Der breiten, mußelosen Masse kann nur sehr beschränkte politische Mitwirkung (das Wahlrecht) zugestanden werden, mit dem nur nur ein Bruchteil der politischen Macht zusammenhängt. Diese wird hauptsächlich von Berufs- und Nebenerwerbspolitikern ausgeübt.

Dass eine Aristokratie innerhalb der Demokratie besteht, ja gewissermaßen bestehen muss, sagt noch nichts über ihre konkrete Zusammensetzung aus. Man könnte durchaus eine stärkere Kopplung an den Rest der Bevölkerung wünschen, und zum Beispiel durch vermehrte Besetzung politischer Ämter durch Losziehung, wie sie bereits für Schöffen und Geschworene existiert, erreichen.

Nachtrag (7. April 2017): In einem Beitrag auf Englisch gehe ich auf die Beschränkung der Macht der demokratischen Aristokratie durch Losziehung genauer ein.

  1. Ich beziehe mich im Folgenden sowohl auf die Politik als auch auf die Nikomachische Ethik.
  2. Für Aristoteles stellen Bürger nur einen kleinen Teil der Bewohner eines Staates dar. Handwerker, Sklaven und Frauen gehören jedenfalls nicht dazu.
  3. Nichtbürger sind nunmehr Minderjährige und Ausländer, die üblicherweise deutlich in der Minderheit sind.
  4. Dazu zähle ich Arbeiter im engen Sinn genauso wie Angestellte oder Selbstständige.
  5. Ein (unrepräsentative) Gegenüberstellung der Häufigkeit von „fulfilling work“ und „work reduction“ im Korpus von Google Books im Laufe der letzten Jahrzehnte zeigt, dass „fulfilling work“ ab den 1980ern deutlich die Überhand gewinnt und mittlerweile fast 10 Mal häufiger anzutreffen ist.

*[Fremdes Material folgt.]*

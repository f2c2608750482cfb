-- ===== src/Protocol/RoundTrip.antt =====
-- An open request that one side writes is read back by the other side as it was.
use mathlib.Core.List.{append-nil}
use native.Mathlib.Nat.{le_refl, mod-eq_of_lt}
use openwebrtc.Prelude.{
  ℕ, zero, suc, ◌+◌, ◌%◌, ◌^◌, ◌<◌, ◌≡◌, ◌≢◌, refl, sym, ap, ◌∙◌, ◌⊎◌, Bool, true, false, List, [],
  ◌∷◌, ◌++◌, arith, length, drop, All, drop-append, drop-drop, take-of_le,
}
use openwebrtc.Prelude.Int.{ℤ, pos, negsuc, minus_one, to_int32, to_uint32}
use openwebrtc.Gst.{ByteIo, IsByteIo}
use openwebrtc.Outcome.{ok}
use openwebrtc.Protocol.{
  strndup, OpenRequest, channel_type, reliability_param, is_ordered, read_retransmits,
  read_life_time, create_datachannel_open_request, parse_open_request, open_request,
}

-- A text without NUL is copied whole.
pub strndup-append : (s rest : List ℕ) → All (λ b. b ≢ 0) s → strndup (length s) (s ++ rest) ≡ ok s
unfolding strndup
strndup-append [] rest h = refl
strndup-append (x ∷ xs) rest h = ground (arith, strndup-append xs rest)

strndup_whole : (s : List ℕ) → All (λ b. b ≢ 0) s → strndup (length s) s ≡ ok s
strndup_whole s h = ap (strndup (length s)) (sym (append-nil s)) ∙ strndup-append s [] h

-- A limit that is not given, or a number of 16 bits: what the object's properties allow.
abbrev pub IsLimit : ℤ → Type 0
IsLimit (pos n) = n < 2 ^ 16
IsLimit (negsuc n) = n ≡ 0

-- The parameters that owr_data_channel_new accepts, with texts that fit their length fields.
pub record IsValid (r : OpenRequest) : Type 0 where
  pub life_time : IsLimit r.max_packet_life_time
  pub retransmits : IsLimit r.max_packet_retransmits
  pub one_limit : (r.max_packet_life_time ≡ minus_one) ⊎ (r.max_packet_retransmits ≡ minus_one)
  pub label_fits : length r.label < 2 ^ 16
  pub label_text : All (λ b. b ≢ 0) r.label
  pub protocol_fits : length r.protocol < 2 ^ 16
  pub protocol_text : All (λ b. b ≢ 0) r.protocol

abbrev ReadsBack : Bool → ℤ → ℤ → Type 0
ReadsBack ordered life_time retransmits =
    let kind = channel_type ordered life_time retransmits % 2 ^ 8 in
    let param = reliability_param life_time retransmits % 2 ^ 32 in
    (is_ordered kind ≡ ordered)
    × (read_life_time kind param ≡ life_time)
    × (read_retransmits kind param ≡ retransmits)

module _ (n : ℕ) (h : n < 2 ^ 16) where
  read_timed : (ordered : Bool) → ReadsBack ordered (pos n) minus_one
  unfolding channel_type reliability_param is_ordered read_life_time read_retransmits to_int32
      to_uint32
  read_timed true = (refl, ground arith, refl)
  read_timed false = (refl, ground arith, refl)

  read_remix : (ordered : Bool) → ReadsBack ordered minus_one (pos n)
  unfolding channel_type reliability_param is_ordered read_life_time read_retransmits to_int32
      to_uint32
  read_remix true = (refl, refl, ground arith)
  read_remix false = (refl, refl, ground arith)

read_reliable : (ordered : Bool) → ReadsBack ordered minus_one minus_one
unfolding channel_type is_ordered read_life_time read_retransmits
read_reliable true = (refl, refl, refl)
read_reliable false = (refl, refl, refl)

-- The channel type and the parameter determine the three properties.
reads_back :
    (ordered : Bool) (life_time retransmits : ℤ)
    → IsLimit life_time
    → IsLimit retransmits
    → (life_time ≡ minus_one) ⊎ (retransmits ≡ minus_one)
    → ReadsBack ordered life_time retransmits
reads_back o (pos m) (pos n) p q h = absurd (ground arith)
reads_back o (pos m) (negsuc zero) p q h = read_timed m p o
reads_back o (pos m) (negsuc (suc n)) p q h = absurd (omega arith)
reads_back o (negsuc zero) (pos n) p q h = read_remix n q o
reads_back o (negsuc (suc m)) (pos n) p q h = absurd (omega arith)
reads_back o (negsuc zero) (negsuc zero) p q h = read_reliable o
reads_back o (negsuc zero) (negsuc (suc n)) p q h = absurd (omega arith)
reads_back o (negsuc (suc m)) (negsuc n) p q h = absurd (omega arith)

-- Where the fields of a message of 12 bytes and more stand.
abbrev HaveWidths : List ℕ → List ℕ → List ℕ → List ℕ → List ℕ → List ℕ → Type 0
HaveWidths a b c d e f =
    (length a ≡ 1)
    × (length b ≡ 1)
    × (length c ≡ 2)
    × (length d ≡ 4)
    × (length e ≡ 2)
    × (length f ≡ 2)

module _ (a b c d e f rest : List ℕ) (w : HaveWidths a b c d e f) where
  abbrev frame : List ℕ
  frame = a ++ (b ++ (c ++ (d ++ (e ++ (f ++ rest)))))

  frame_1 : drop 1 frame ≡ b ++ (c ++ (d ++ (e ++ (f ++ rest))))
  frame_1 = drop-append 1 a _ w.0

  frame_2 : drop 2 frame ≡ c ++ (d ++ (e ++ (f ++ rest)))
  frame_2 = drop-drop 1 1 2 frame refl ∙ ap (drop 1) frame_1 ∙ drop-append 1 b _ w.1

  frame_4 : drop 4 frame ≡ d ++ (e ++ (f ++ rest))
  frame_4 = drop-drop 2 2 4 frame refl ∙ ap (drop 2) frame_2 ∙ drop-append 2 c _ w.2

  frame_8 : drop 8 frame ≡ e ++ (f ++ rest)
  frame_8 = drop-drop 4 4 8 frame refl ∙ ap (drop 4) frame_4 ∙ drop-append 4 d _ w.3

  frame_10 : drop 10 frame ≡ f ++ rest
  frame_10 = drop-drop 8 2 10 frame refl ∙ ap (drop 2) frame_8 ∙ drop-append 2 e _ w.4

  frame_12 : drop 12 frame ≡ rest
  frame_12 = drop-drop 10 2 12 frame refl ∙ ap (drop 2) frame_10 ∙ drop-append 2 f _ w.5

module _ (io : ByteIo) where
  open io use {read_uint8, read_uint16_be, read_uint32_be}

  parse_open_request-fields :
      (msg : List ℕ) {kind param label_len protocol_len : ℕ} {label protocol : List ℕ}
      → read_uint8 (drop 1 msg) ≡ kind
      → read_uint32_be (drop 4 msg) ≡ param
      → read_uint16_be (drop 8 msg) ≡ label_len
      → read_uint16_be (drop 10 msg) ≡ protocol_len
      → strndup label_len (drop 12 msg) ≡ ok label
      → strndup protocol_len (drop (12 + label_len) msg) ≡ ok protocol
      → parse_open_request io msg
        ≡ ok (record {
          ordered = is_ordered kind;
          max_packet_life_time = read_life_time kind param;
          max_packet_retransmits = read_retransmits kind param;
          label = label;
          protocol = protocol;
        })
  unfolding parse_open_request
  parse_open_request-fields msg e1 e4 e8 e10 e12 e = rw (e1, e4, e8, e10, e12, e)

module _ (io : ByteIo) (laws : IsByteIo io) where
  open io use {
    write_uint8, write_uint16_be, write_uint32_be, read_uint8, read_uint16_be, read_uint32_be,
  }
  open laws use {
    length-write_uint8, length-write_uint16_be, length-write_uint32_be, read-write_uint8,
    read-write_uint16_be, read-write_uint32_be,
  }

  -- Whatever the type and the parameter, the receiver reads them and the two texts.
  parse-create :
      (kind param priority : ℕ) (label protocol : List ℕ)
      → length label < 2 ^ 16
      → All (λ b. b ≢ 0) label
      → length protocol < 2 ^ 16
      → All (λ b. b ≢ 0) protocol
      → parse_open_request io
          (create_datachannel_open_request io kind param priority label
            (length label)
            protocol
            (length protocol)).0
        ≡ ok (record {
          ordered = is_ordered (kind % 2 ^ 8);
          max_packet_life_time = read_life_time (kind % 2 ^ 8) (param % 2 ^ 32);
          max_packet_retransmits = read_retransmits (kind % 2 ^ 8) (param % 2 ^ 32);
          label = label;
          protocol = protocol;
        })
  unfolding create_datachannel_open_request
  parse-create kind param priority label protocol lf lt pf pt =
      let a = write_uint8 3 in
      let b = write_uint8 kind in
      let c = write_uint16_be priority in
      let d = write_uint32_be param in
      let e = write_uint16_be (length label) in
      let f = write_uint16_be (length protocol) in
      let rest = label ++ protocol in
      let w : HaveWidths a b c d e f = (
        length-write_uint8 3,
        length-write_uint8 kind,
        length-write_uint16_be priority,
        length-write_uint32_be param,
        length-write_uint16_be (length label),
        length-write_uint16_be (length protocol),
      ) in
      let texts : drop 12 (frame a b c d e f rest w) ≡ rest = frame_12 a b c d e f rest w in
      rw
        (
          take-of_le (length label) label (le_refl _),
          take-of_le (length protocol) protocol (le_refl _),
        )
        (parse_open_request-fields io (frame a b c d e f rest w)
          (ap read_uint8 (frame_1 a b c d e f rest w) ∙ read-write_uint8 kind _)
          (ap read_uint32_be (frame_4 a b c d e f rest w) ∙ read-write_uint32_be param _)
          (ap read_uint16_be (frame_8 a b c d e f rest w)
            ∙ read-write_uint16_be (length label) _
            ∙ mod-eq_of_lt lf)
          (ap read_uint16_be (frame_10 a b c d e f rest w)
            ∙ read-write_uint16_be (length protocol) _
            ∙ mod-eq_of_lt pf)
          (ap (strndup (length label)) texts ∙ strndup-append label protocol lt)
          (ap (strndup (length protocol)) (
              drop-drop 12 (length label) (12 + length label) (frame a b c d e f rest w) refl
              ∙ ap (drop (length label)) texts
              ∙ drop-append (length label) label protocol refl)
            ∙ strndup_whole protocol pt))

  -- With byte macros that keep their laws, an open request for a channel with one limit at most, of
  -- 16 bits, and with texts of less than 65536 bytes and no NUL is read back by the receiver as it
  -- was: the order, both limits, the label and the protocol.
  pub parse-open_request :
      (r : OpenRequest) → IsValid r → parse_open_request io (open_request io r).0 ≡ ok r
  unfolding open_request
  parse-open_request r v =
      let q =
        reads_back r.ordered r.max_packet_life_time r.max_packet_retransmits v.life_time
          v.retransmits v.one_limit in
      rw (mod-eq_of_lt v.label_fits, mod-eq_of_lt v.protocol_fits)
        (parse-create (channel_type r.ordered r.max_packet_life_time r.max_packet_retransmits)
            (reliability_param r.max_packet_life_time r.max_packet_retransmits) 0 r.label r.protocol
            v.label_fits v.label_text v.protocol_fits v.protocol_text
          ∙ λ i. ok (record {
            ordered = q.0 i;
            max_packet_life_time = q.1 i;
            max_packet_retransmits = q.2 i;
            label = r.label;
            protocol = r.protocol;
          }))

  6. Gerade die Sozialdemokratie hat viel zur Festigung dieser These beigetragen: Der stolze Arbeiter, der zwar nicht übermäßig, aber doch viel arbeitet (und von seiner Arbeit vollkommen abhängt) kann sich politisch organisieren! Das ist nicht falsch, jedoch wird dabei übersehen, dass fast alle Organisatoren und Parteiführer einer solchen „Arbeiter“bewegung im aristotelischen Sinne müßig waren. Auch die Sozialdemokratie hat immer schon eine Aristokratie in sich getragen.
  7. Eine (wenig relevante) Ausnahme stellt die Bundespräsidenschaftswahl dar, für die das passive Wahlrecht erst nach dem 35. Lebensjahr erreicht wird.

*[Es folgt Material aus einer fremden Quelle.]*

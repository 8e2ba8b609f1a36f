-- ===== src/Storage/Merge/Rounds.antt =====
-- The walk over two sorted token tables takes the tokens in order, and a token of each storage
-- with the same value in one round.
use textiplex.Prelude.{
  Ordering-cases, inl, inr, Bool, true, ap, ◌≡◌, refl, Option, none, some, [], ◌∷◌, length, arith,
  All, All-map, IsChain, subst, sym,
}
use textiplex.Bytes.{
  Bytes, compare_bytes, is_eq, ◌≺◌, ≺_trans, compare_bytes-eq, compare_bytes-gt, compare_bytes-lt,
}
use textiplex.Search.Chain.{find?}
use textiplex.Storage.Headers.{Token, bytes}
use textiplex.Storage.Tokens.{Tokens, IsSorted, value_is}
use textiplex.Storage.Merge.Context.{
  Round, only_a, only_b, both, rounds, count_tokens_between_collision_fields,
}
use textiplex.Storage.Merge.Plan.{value_of}

-- The token count that `Merge` writes into the header of a field of both storages is the
-- number of rounds of its walk, each of which writes one token.
pub count_tokens_between_collision_fields-eq-length :
    (a b : Tokens) → count_tokens_between_collision_fields a b ≡ length (rounds a b)
unfolding count_tokens_between_collision_fields rounds
count_tokens_between_collision_fields-eq-length [] [] = refl
count_tokens_between_collision_fields-eq-length [] (y ∷ b) =
    omega (arith, count_tokens_between_collision_fields-eq-length [] b)
count_tokens_between_collision_fields-eq-length (x ∷ a) [] =
    omega (arith, count_tokens_between_collision_fields-eq-length a [])
count_tokens_between_collision_fields-eq-length (x ∷ a) (y ∷ b) = ground (
  arith,
  count_tokens_between_collision_fields-eq-length a b,
  count_tokens_between_collision_fields-eq-length a (y ∷ b),
  count_tokens_between_collision_fields-eq-length (x ∷ a) b,
)

abbrev Above : Bytes → Tokens → Type 0
Above v = All (λ t. v ≺ bytes t.value)

abbrev RoundAbove : Bytes → Round → Type 0
RoundAbove v r = v ≺ bytes (value_of r)

rounds-Above : (v : Bytes) (a b : Tokens) → Above v a → Above v b → All (RoundAbove v) (rounds a b)
unfolding rounds
rounds-Above v [] [] p q = tt
rounds-Above v [] (y ∷ b) p q = (q.0, rounds-Above v [] b p q.1)
rounds-Above v (x ∷ a) [] p q = (p.0, rounds-Above v a [] p.1 q)
rounds-Above v (x ∷ a) (y ∷ b) p q =
    elim (Ordering-cases (compare_bytes (bytes x.value) (bytes y.value))) [
      | inl e ↦ rw (e, rounds) (p.0, rounds-Above v a (y ∷ b) p.1 q)
      | inr (inl e) ↦ rw (e, rounds) (p.0, rounds-Above v a b p.1 q.1)
      | inr (inr e) ↦ rw (e, rounds) (q.0, rounds-Above v (x ∷ a) b p q.1)
    ]

all_later : (t : Token) (s : Tokens) (v : Bytes) → v ≺ bytes t.value → IsSorted (t ∷ s) → Above v s
all_later t s v h c = All-map s (λ u r. ≺_trans v (bytes t.value) (bytes u.value) h r) c.0

-- Where the token tables of both fields are strictly ascending, the tokens that the merge
-- writes for the common field are strictly ascending too.
pub rounds-IsChain :
    (a b : Tokens)
    → IsSorted a
    → IsSorted b
    → IsChain (λ r s. bytes (value_of r) ≺ bytes (value_of s)) (rounds a b)
unfolding rounds
rounds-IsChain [] [] p q = tt
rounds-IsChain [] (y ∷ b) p q =
    (rounds-Above (bytes y.value) [] b tt q.0, rounds-IsChain [] b p q.1)
rounds-IsChain (x ∷ a) [] p q =
    (rounds-Above (bytes x.value) a [] p.0 tt, rounds-IsChain a [] p.1 q)
rounds-IsChain (x ∷ a) (y ∷ b) p q =
    elim (Ordering-cases (compare_bytes (bytes x.value) (bytes y.value))) [
      | inl e ↦
          rw (e, rounds)
            (
              rounds-Above (bytes x.value) a (y ∷ b) p.0 (e, all_later y b (bytes x.value) e q),
              rounds-IsChain a (y ∷ b) p.1 q,
            )
      | inr (inl e) ↦
          rw (e, rounds)
            (let same = compare_bytes-eq (bytes x.value) (bytes y.value) e in
              (
                rounds-Above (bytes x.value) a b p.0 (subst (λ v. Above v b) (sym same) q.0),
                rounds-IsChain a b p.1 q.1,
              ))
      | inr (inr e) ↦
          rw (e, rounds)
            (let h = compare_bytes-gt (bytes x.value) (bytes y.value) e in
              (
                rounds-Above (bytes y.value) (x ∷ a) b (h, all_later x a (bytes y.value) h p) q.0,
                rounds-IsChain (x ∷ a) b p q.1,
              ))
    ]

-- The round of a value, from the tokens that the two tables have for it.
abbrev pub round_of : Option Token → Option Token → Option Round
round_of none none = none
round_of none (some b) = some (only_b b)
round_of (some a) none = some (only_a a)
round_of (some a) (some b) = some (both a b)

abbrev pub round_is : Bytes → Round → Bool
round_is v r = is_eq (compare_bytes (bytes (value_of r)) v)

find?-Above : (v : Bytes) (s : Tokens) → Above v s → find? (value_is v) s ≡ none
find?-Above v [] h = refl
find?-Above v (t ∷ s) h =
    ground (arith, compare_bytes-lt v (bytes t.value) h.0, find?-Above v s h.1)

not_found-Above :
    (v : Bytes) (x : Token) (s : Tokens)
    → Above (bytes x.value) s
    → value_is v x ≡ true
    → find? (value_is v) s ≡ none
not_found-Above v x s above h =
    find?-Above v s
      (subst (λ w. Above w s) (compare_bytes-eq (bytes x.value) v (ground arith)) above)

-- Where both tables are strictly ascending: for every value, the round of the walk that writes
-- it takes A's token of that value and B's, or the one of the two that exists, and there is
-- such a round exactly if one exists.
pub find?-rounds :
    (v : Bytes) (a b : Tokens)
    → IsSorted a
    → IsSorted b
    → find? (round_is v) (rounds a b) ≡ round_of (find? (value_is v) a) (find? (value_is v) b)
unfolding rounds
find?-rounds v [] [] p q = refl
find?-rounds v [] (y ∷ b) p q = ground (arith, find?-rounds v [] b p q.1)
find?-rounds v (x ∷ a) [] p q = ground (arith, find?-rounds v a [] p.1 q)
find?-rounds v (x ∷ a) (y ∷ b) p q =
    elim (Ordering-cases (compare_bytes (bytes x.value) (bytes y.value))) [
      | inl e ↦
          rw (e, rounds)
            (ground (
              arith,
              find?-rounds v a (y ∷ b) p.1 q,
              not_found-Above v x (y ∷ b) (e, all_later y b (bytes x.value) e q),
            ))
      | inr (inl e) ↦
          rw (e, rounds)
            (ground (
              arith,
              find?-rounds v a b p.1 q.1,
              ap (λ w. is_eq (compare_bytes w v))
                  (compare_bytes-eq (bytes x.value) (bytes y.value) e),
            ))
      | inr (inr e) ↦
          rw (e, rounds)
            (let h = compare_bytes-gt (bytes x.value) (bytes y.value) e in
              ground (
                arith,
                find?-rounds v (x ∷ a) b p q.1,
                not_found-Above v y (x ∷ a) (h, all_later x a (bytes y.value) h p),
              ))
    ]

  8. Ein wesentliches Merkmal moderner Demokratien ist natürlich, dass diese Positionen potentiell jedem Bürger offenstehen (wenn auch oftmals mit bestimmten Anforderungen verknüpft), was aber natürlich nicht heißt, dass alle Bürger eine solche ausüben können.
  9. Vielleicht gar Oligarchie oder Plutokratie, wenn die Beurteilung weniger wohlwollend ausfällt.